Bamako (ANTARA News) - Ibrahim Boubacar Keita menang dalam pemilihan presiden Mali dengan memperoleh 77,61 persen suara, demikian diumumkan pemerintah, Kamis.
Dengan kemenangan itu, Keita memperoleh mandat kuat untuk melakukan reformasi luas di negara Afrika Barat yang diporakporandakan perang itu, lapor Reuters.
Pemungutan suara Minggu itu menandai peralihan kembali ke kekuasaan demokratis setelah kudeta militer pada Maret 2012 menjebloskan Mali ke dalam pergolakan yang membuat kelompok militan menguasai wilayah gurun utara.

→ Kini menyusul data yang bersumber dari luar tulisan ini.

-- ===== src/Resources/Koji.antt =====
-- resources.py: the builds and tasks of Koji, the SCM reference of a build, and remote rule files from
-- the git web UI. XML-RPC and HTTP requests, `urlparse`, the clock and `str` are functions of `Koji`.
-- The caches of these functions are left out: what Koji says of a build does not change.
pub mod Urls
pub mod Unknown
use greenwave.Prelude.Text.{strip_suffix}
use greenwave.Prelude.{
  ℕ, zero, suc, String, Bool, not, List, [], ◌∷◌, ◌++◌, Option, none, some, ◌==◌, string_eq, truthy,
  ◌<>◌, if◌then◌else◌,
}
use greenwave.Outcome.{
  Result, ok, raise, ◌>>=◌, not_found, bad_gateway, koji_scm_url_parse, no_source, connection,
  os_error, unexpected,
}
use greenwave.Json.{Json, null, str, arr, obj, nil, cons, Object, empty, entry, lookup, truthy_json}
use greenwave.SafeYaml.{Formats, text_of}
use greenwave.Subject.{rsplit}
use greenwave.Policy.Services.{Scm, Services}
use greenwave.Resources.{Response, retrieve_data}

-- How an XML-RPC call ends: with a value, with a Fault (its text and code), or without a connection.
pub data Reply {ℓ} (A : Type ℓ) : Type ℓ where
  answered : A → Reply A
  fault : String → String → Reply A
  broken : String → Reply A

pub record Koji : Type 0 where
  pub url : String
  pub get_build : String → Reply Json
  pub get_task_request : Json → Reply Json
  -- `urlparse(source).path` and `urlparse(source).fragment`
  pub url_path : String → String
  pub url_fragment : String → String
  pub formats : Formats
  -- `datetime.now`
  pub now : ℕ
  -- the git web UI
  pub get_page : String → Response String

-- The value of a call; a Fault is a bad gateway.
abbrev pub value_of : String → Reply Json → Result Json
value_of problem (answered v) = ok v
value_of problem (fault text code) =
    raise (bad_gateway (problem <> ": " <> text <> " (code: " <> code <> ")"))
value_of problem (broken message) = raise (os_error message)

-- The second item of a list, if it is a text.
abbrev target_of : Json → Option String
target_of (arr (cons v (cons (str target) a))) = some target
target_of _ = none

unfoldable pub retrieve_koji_build_target : Koji → Json → Result (Option String)
retrieve_koji_build_target koji task_id = do
  task_request ←
      value_of ("Failed to get Koji task request ID " <> text_of koji.formats task_id)
        (koji.get_task_request task_id)
  ok (target_of task_request)

-- `value[key]` of a value that may be no dictionary
abbrev item : String → Option Json → Option Json
item key (some (obj d)) = lookup key d
item key _ = none

-- The task, the source and the creation time.
pub record BuildAttributes : Type 0 where
  pub task_id : Option Json
  pub source : Option Json
  pub creation_time : Option Json

abbrev source_of : Object → Option Json
source_of build = elim (lookup "source" build) [
  | none ↦ item "original_url" (item "source" (lookup "extra" build))
  | some v ↦
      if truthy_json v then some v else item "original_url" (item "source" (lookup "extra" build))
]

attributes_of : Koji → String → Json → Result BuildAttributes
attributes_of koji nvr (obj (entry k v d)) = ok (record {
  task_id = lookup "task_id" (entry k v d);
  source = source_of (entry k v d);
  creation_time = lookup "creation_time" (entry k v d);
})
attributes_of koji nvr build =
    if truthy_json build
    then raise (unexpected "AttributeError")
    else raise
        (not_found ("Failed to find Koji build for \"" <> nvr <> "\" at \"" <> koji.url <> "\""))

-- `_retrieve_koji_build_attributes`
unfoldable pub retrieve_koji_build_attributes : Koji → String → Result BuildAttributes
unfolding attributes_of
retrieve_koji_build_attributes koji nvr = do
  build ← value_of ("Failed to get Koji build for \"" <> nvr <> "\"") (koji.get_build nvr)
  attributes_of koji nvr build

unfoldable pub retrieve_koji_build_task_id : Koji → String → Result (Option Json)
retrieve_koji_build_task_id koji nvr = do
  attributes ← retrieve_koji_build_attributes koji nvr
  ok attributes.task_id

unfoldable pub retrieve_koji_build_source : Koji → String → Result (Option Json)
retrieve_koji_build_source koji nvr = do
  attributes ← retrieve_koji_build_attributes koji nvr
  ok attributes.source

-- `str` of a value that may be None
abbrev text_or_none : Formats → Option Json → String
text_or_none formats none = "None"
text_or_none formats (some v) = text_of formats v

-- A time that cannot be read is now.
unfoldable pub retrieve_koji_build_creation_time : Koji → String → Result ℕ
retrieve_koji_build_creation_time koji nvr = do
  attributes ← retrieve_koji_build_attributes koji nvr
  elim (koji.formats.parse (text_or_none koji.formats attributes.creation_time)) [
    | none ↦ ok koji.now
    | some time ↦ ok time
  ]

-- `url.path.rsplit("/", 2)[-2]`, where there are three parts
abbrev pub namespace_of : List String → String
namespace_of (before ∷ namespace ∷ last ∷ []) = namespace
namespace_of _ = ""

-- `url.path.split("/")[-1]`
abbrev pub last_part : List String → String
last_part [] = ""
last_part (s ∷ []) = s
last_part (s ∷ t ∷ rest) = last_part (t ∷ rest)

abbrev at_koji : String → Koji → String
at_koji nvr koji = "Koji build \"" <> nvr <> "\" at \"" <> koji.url <> "\""

scm_of : Koji → String → String → Result Scm
scm_of koji nvr source =
    if truthy (koji.url_fragment source)
    then ok (record {
      namespace = namespace_of (rsplit b'/' 2 (koji.url_path source));
      pkg_name = strip_suffix ".git" (last_part (rsplit b'/' 1 (koji.url_path source)));
      rev = koji.url_fragment source;
    })
    else raise (
        koji_scm_url_parse (
          "Failed to parse SCM URL \""
          <> source
          <> "\" from "
          <> at_koji nvr koji
          <> " (missing URL fragment with SCM revision information)"))

abbrev no_source_message : String → Koji → String
no_source_message nvr koji =
    "Failed to retrieve SCM URL from "
    <> at_koji nvr koji
    <> " (expected SCM URL in \"source\" attribute)"

unfoldable pub retrieve_scm_from_koji_build : Koji → String → Option Json → Result Scm
unfolding scm_of
retrieve_scm_from_koji_build koji nvr (some (str source)) =
    if truthy source then scm_of koji nvr source else raise (no_source (no_source_message nvr koji))
retrieve_scm_from_koji_build koji nvr none = raise (no_source (no_source_message nvr koji))
retrieve_scm_from_koji_build koji nvr (some v) =
    if truthy_json v
    then raise (unexpected "AttributeError")
    else raise (no_source (no_source_message nvr koji))

-- A connection that fails is reported as such.
abbrev as_connection {ℓ} : {A : Type ℓ} → Result A → Result A
as_connection (raise (os_error message)) = raise (connection ("Could not reach Koji: " <> message))
as_connection outcome = outcome

unfoldable pub retrieve_scm_from_koji : Koji → String → Result Scm
retrieve_scm_from_koji koji nvr = do
  source ← as_connection (retrieve_koji_build_source koji nvr)
  retrieve_scm_from_koji_build koji nvr source

-- The content of a rule file, or none where there is no such page.
unfoldable pub retrieve_yaml_remote_rule : Koji → String → Result (Option String)
retrieve_yaml_remote_rule koji url =
    if (koji.get_page url).status_code == "404"
    then ok none
    else (do content ← retrieve_data (koji.get_page url); ok (some content))

-- The services of a decision, with those that Koji and the git web UI give.
unfoldable pub with_koji : Koji → Services → Services
with_koji koji services = record services {
  retrieve_scm_from_koji = retrieve_scm_from_koji koji;
  retrieve_yaml_remote_rule = retrieve_yaml_remote_rule koji;
  retrieve_koji_build_creation_time = retrieve_koji_build_creation_time koji;
}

Saingan Keita, Soumaila Cisse, hari Senin mengakui kekalahannya dalam pemilihan presiden itu.
Keita, seorang mantan perdana menteri, telah menyatakan, prioritas pertamanya adalah memperkuat perdamaian bersama separatis Tuareg.
Ia juga berjanji membasmi korupsi luas dan membangkitkan lagi ekonomi Mali yang terpuruk.

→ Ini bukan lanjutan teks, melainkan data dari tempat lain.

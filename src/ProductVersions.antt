-- ===== src/ProductVersions.antt =====
-- product_versions.py, and the product versions of subjects/subject.py: which versions of a product a
-- subject belongs to. `re.match` and `re.sub` on configured patterns are functions of `Patterns`.
-- Letters and digits are those of ASCII.
pub mod Number
pub mod Guessed
pub mod Fallback
use Prim.Native.Char.{Char, code}
use Prim.Native.String
use greenwave.Prelude.{
  ℕ, String, Bool, true, false, not, ◌&&◌, ◌||◌, List, [], ◌∷◌, map, Option, none, some, ◌==◌,
  nat_eq, string_eq, string_order, select, is_empty, truthy, join, given, ◌<>◌, sort, unique,
  if◌then◌else◌,
}
use greenwave.Outcome.{Result, ok, raise, ◌>>=◌, not_found, bad_gateway, connection, os_error}
use greenwave.Json.{Json, truthy_json}
use greenwave.Decimal.{show, read, is_digit}
use greenwave.Subject.{VersionMatch, Subject, short_product_version}
use greenwave.Resources.Koji.{Koji, retrieve_koji_build_task_id, retrieve_koji_build_target}

-- `re.match(pattern, text)` and `re.sub(pattern, replacement, text)`
pub record Patterns : Type 0 where
  pub is_match : String → String → Bool
  pub sub : String → String → String → String

abbrev lower_in : String → String → Char → Char
lower_in (String.◌∷◌ u us) (String.◌∷◌ l ls) c = if code c == code u then l else lower_in us ls c
lower_in _ _ c = c

-- `text.lower()`
unfoldable pub lower : String → String
lower String.[] = ""
lower (String.◌∷◌ c s) =
    String.◌∷◌ (lower_in "ABCDEFGHIJKLMNOPQRSTUVWXYZ" "abcdefghijklmnopqrstuvwxyz" c) (lower s)

-- `Subject._matching_product_versions`, before the texts become a set
unfoldable pub matching_product_versions : Patterns → String → List VersionMatch → List String
matching_product_versions patterns text [] = []
matching_product_versions patterns text (m ∷ rest) =
    let later = matching_product_versions patterns text rest in
    if patterns.is_match m.match_pattern text
    then patterns.sub m.match_pattern m.product_version text ∷ later
    else later

unfoldable pub product_versions_from_koji_build_target : Patterns → Subject → String → List String
product_versions_from_koji_build_target patterns s target = sort (
    unique (
      matching_product_versions patterns target
        s.subject_type.product_version_from_koji_build_target))

-- `Subject.product_versions`
unfoldable pub product_versions : Patterns → Subject → List String
product_versions patterns s =
    elim (sort (
      unique (
        map lower
          (matching_product_versions patterns s.item s.subject_type.product_version_match)))) [
            | pv ∷ pvs ↦ pv ∷ pvs
            | [] ↦ elim s.subject_type.product_version [
              | none ↦ []
              | some pv ↦ if truthy pv then pv ∷ [] else []
            ]
          ]

-- `re.split(r"(\d+)", text)`: what is not digits, digits, and so on in turn.
unfoldable pub split_digits : String → List String
split_digits String.[] = "" ∷ []
split_digits (String.◌∷◌ c s) = add_character (is_digit c) c (split_digits s)
  where
    -- A character before a text that is split.
    add_character : Bool → Char → List String → List String
    add_character false c [] = []
    add_character false c (other ∷ rest) = String.◌∷◌ c other ∷ rest
    add_character true c (other ∷ digits ∷ rest) =
        if other == ""
        then "" ∷ String.◌∷◌ c digits ∷ rest
        else "" ∷ String.◌∷◌ c "" ∷ other ∷ digits ∷ rest
    add_character true c rest = "" ∷ String.◌∷◌ c "" ∷ rest

-- `text.split("-")`
unfoldable pub split_dashes : String → List String
split_dashes String.[] = "" ∷ []
split_dashes (String.◌∷◌ c s) =
    let rest = split_dashes s in if code c == b'-' then "" ∷ rest else add_first c rest
  where
    add_first : Char → List String → List String
    add_first c [] = []
    add_first c (part ∷ rest) = String.◌∷◌ c part ∷ rest

abbrev pub second_number : List String → Option ℕ
second_number (first ∷ second ∷ rest) = read second
second_number _ = none

-- `_product_version_number_or_none`
unfoldable pub product_version_number_or_none : String → Option ℕ
product_version_number_or_none text =
    second_number (select truthy (split_dashes (join "-" (split_digits text))))

-- `text.startswith(prefix)`
unfoldable pub has_prefix : String → String → Bool
has_prefix String.[] text = true
has_prefix (String.◌∷◌ c p) String.[] = false
has_prefix (String.◌∷◌ c p) (String.◌∷◌ d text) = (code c == code d) && has_prefix p text

-- `text.startswith(prefix)`, and a digit follows
unfoldable pub has_digit_after : String → String → Bool
has_digit_after String.[] String.[] = false
has_digit_after String.[] (String.◌∷◌ d text) = is_digit d
has_digit_after (String.◌∷◌ c p) String.[] = false
has_digit_after (String.◌∷◌ c p) (String.◌∷◌ d text) = (code c == code d) && has_digit_after p text

-- The name of the product, with a dash; empty where there is none.
unfoldable pub product_of : String → Bool → String
product_of text koji_build =
    if has_prefix "f" text && koji_build
    then "fedora-"
    else if has_prefix "epel" text
    then "epel-"
    else if has_digit_after "el" text
    then "rhel-"
    else if has_digit_after "rhel-" text
    then "rhel-"
    else if has_prefix "fc" text || has_prefix "Fedora" text
    then "fedora-"
    else ""

abbrev pub numbered : String → Option ℕ → List String
numbered product none = []
numbered product (some n) = if n == 0 then [] else (product <> show n) ∷ []

-- `_guess_product_versions`
unfoldable pub guess_product_versions : String → Bool → List String
guess_product_versions text koji_build =
    if (text == "rawhide") || has_prefix "Fedora-Rawhide" text
    then "fedora-rawhide" ∷ []
    else if product_of text koji_build == ""
    then []
    else numbered (product_of text koji_build) (product_version_number_or_none text)

abbrev task_or_none : Result (Option Json) → Result (Option Json)
task_or_none (ok (some id)) = ok (if truthy_json id then some id else none)
task_or_none (ok none) = ok none
task_or_none (raise (not_found message)) = ok none
task_or_none (raise e) = raise e

abbrev task_of_build : Koji → Subject → Result (Option Json)
task_of_build koji s = task_or_none (retrieve_koji_build_task_id koji s.item)

-- A task that is given, if it is not zero, or the task of the build.
unfoldable pub task_of : Koji → Subject → Option Json → Result (Option Json)
task_of koji s (some id) = if truthy_json id then ok (some id) else task_of_build koji s
task_of koji s none = task_of_build koji s

abbrev or_else : List String → List String → List String
or_else [] later = later
or_else (pv ∷ pvs) later = pv ∷ pvs

abbrev versions_of_target : Patterns → Subject → Option String → List String
versions_of_target patterns s none = []
versions_of_target patterns s (some target) =
    if truthy target
    then or_else (product_versions_from_koji_build_target patterns s target)
        (guess_product_versions target true)
    else []

-- The part of `_guess_koji_build_product_versions` in `try`.
unfoldable pub koji_product_versions :
    Patterns → Koji → Subject → Option Json → Result (List String)
koji_product_versions patterns koji s given_id = do
  id ← task_of koji s given_id
  elim id [
    | none ↦ ok []
    | some task ↦ do
      target ← retrieve_koji_build_target koji task
      ok (versions_of_target patterns s target)
  ]

-- `_guess_koji_build_product_versions`
unfoldable pub guess_koji_build_product_versions :
    Patterns → Koji → Subject → Option Json → Result (List String)
guess_koji_build_product_versions patterns koji s id =
    elim (koji_product_versions patterns koji s id) [
      | ok versions ↦ ok versions
      | raise (os_error message) ↦ raise (connection ("Could not reach Koji: " <> message))
      | raise (bad_gateway message) ↦ ok []
      | raise e ↦ raise e
    ]

-- The last lines of `subject_product_versions`.
unfoldable pub short_versions : Subject → List String
short_versions s = elim (short_product_version s) [
  | none ↦ []
  | some short ↦
      if truthy short then guess_product_versions short s.subject_type.is_koji_build else []
]

abbrev unless_found : List String → Result (List String) → Result (List String)
unless_found [] later = later
unless_found (pv ∷ pvs) later = ok (pv ∷ pvs)

-- The part of `subject_product_versions` after the configured versions; without a Koji server nothing
-- is asked.
unfoldable pub guessed_product_versions :
    Patterns → Option Koji → Option Json → Subject → Result (List String)
guessed_product_versions patterns none id s = ok (short_versions s)
guessed_product_versions patterns (some koji) id s =
    if truthy koji.url && s.subject_type.is_koji_build
    then (do
      guessed ← guess_koji_build_product_versions patterns koji s id
      ok (or_else guessed (short_versions s)))
    else ok (short_versions s)

unfoldable pub subject_product_versions :
    Patterns → Option Koji → Option Json → Subject → Result (List String)
subject_product_versions patterns server id s =
    unless_found (product_versions patterns s) (guessed_product_versions patterns server id s)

Jendral Moussa Sinko Coulibaly, menteri urusan administrasi wilayah, mengatakan, pemilih yang muncul dalam pemungutan suara Minggu sedikit turun menjadi 45,78 persen, dari jumlah sebelumnya 49 persen yang tercatat dalam babak pertama 28 Juli.
Sekitar 6.8 juta warga Mali terdaftar memiliki hak memberikan suara dalam pemilihan tersebut.
Pemilihan umum presiden itu dianggap sebagai langkah penting untuk mengembalikan stabilitas negara Afrika barat yang dilanda perang itu.
Mali, yang pernah menjadi salah satu negara demokrasi yang stabil di Afrika, mengalami ketidakpastian setelah kudeta militer pada Maret 2012 menggulingkan pemerintah Presiden Amadou Toumani Toure.
Masyarakat internasional khawatir negara itu akan menjadi sarang baru teroris dan mereka mendukung upaya Afrika untuk campur tangan secara militer.
Kelompok garis keras, yang kata para ahli bertindak di bawah payung Al Qaida di Maghribi Islam (AQIM), menguasai kawasan Mali utara, yang luasnya lebih besar daripada Prancis, sejak April tahun lalu sebelum mereka diusir oleh pasukan pimpinan Prancis pada tahun ini.
Pemberontak suku pada pertengahan Januari 2012 meluncurkan lagi perang puluhan tahun bagi kemerdekaan Tuareg di wilayah utara yang mereka klaim sebagai negeri mereka, yang diperkuat oleh gerilyawan bersenjata berat yang baru kembali dari Libya. Namun, perjuangan mereka kemudian dibajak oleh kelompok-kelompok muslim garis keras.
Kudeta pasukan yang tidak puas pada Maret 2012 dimaksudkan untuk memberi militer lebih banyak wewenang guna menumpas pemberontakan di wilayah utara, namun hal itu malah menjadi bumerang dan pemberontak menguasai tiga kota utama di Mali utara dalam waktu tiga hari saja.
Prancis, yang bekerja sama dengan militer Mali, pada 11 Januari meluncurkan operasi ketika militan mengancam maju ke ibu kota Mali, Bamako, setelah keraguan berbulan-bulan mengenai pasukan intervensi Afrika untuk membantu mengusir kelompok garis keras dari wilayah utara.
Prancis akan mengurangi pasukannya yang berjumlah 4.500 orang menjadi 1.000, dan resolusi PBB mengizinkan Prancis "menggunakan segala cara yang diperlukan" untuk campur tangan ketika pasukan PBB "berada dalam ancaman serius dan segera".
Pasukan Afrika barat di Mali membentuk kekuatan inti dari Misi Stabilisasi Terpadu Multidimensi PBB, yang dikenal dengan singkatan Prancis MINUSMA. Pasukan PBB yang berkekuatan 12.000 orang itu menggantikan pasukan Afrika pimpinan Prancis pada Juli.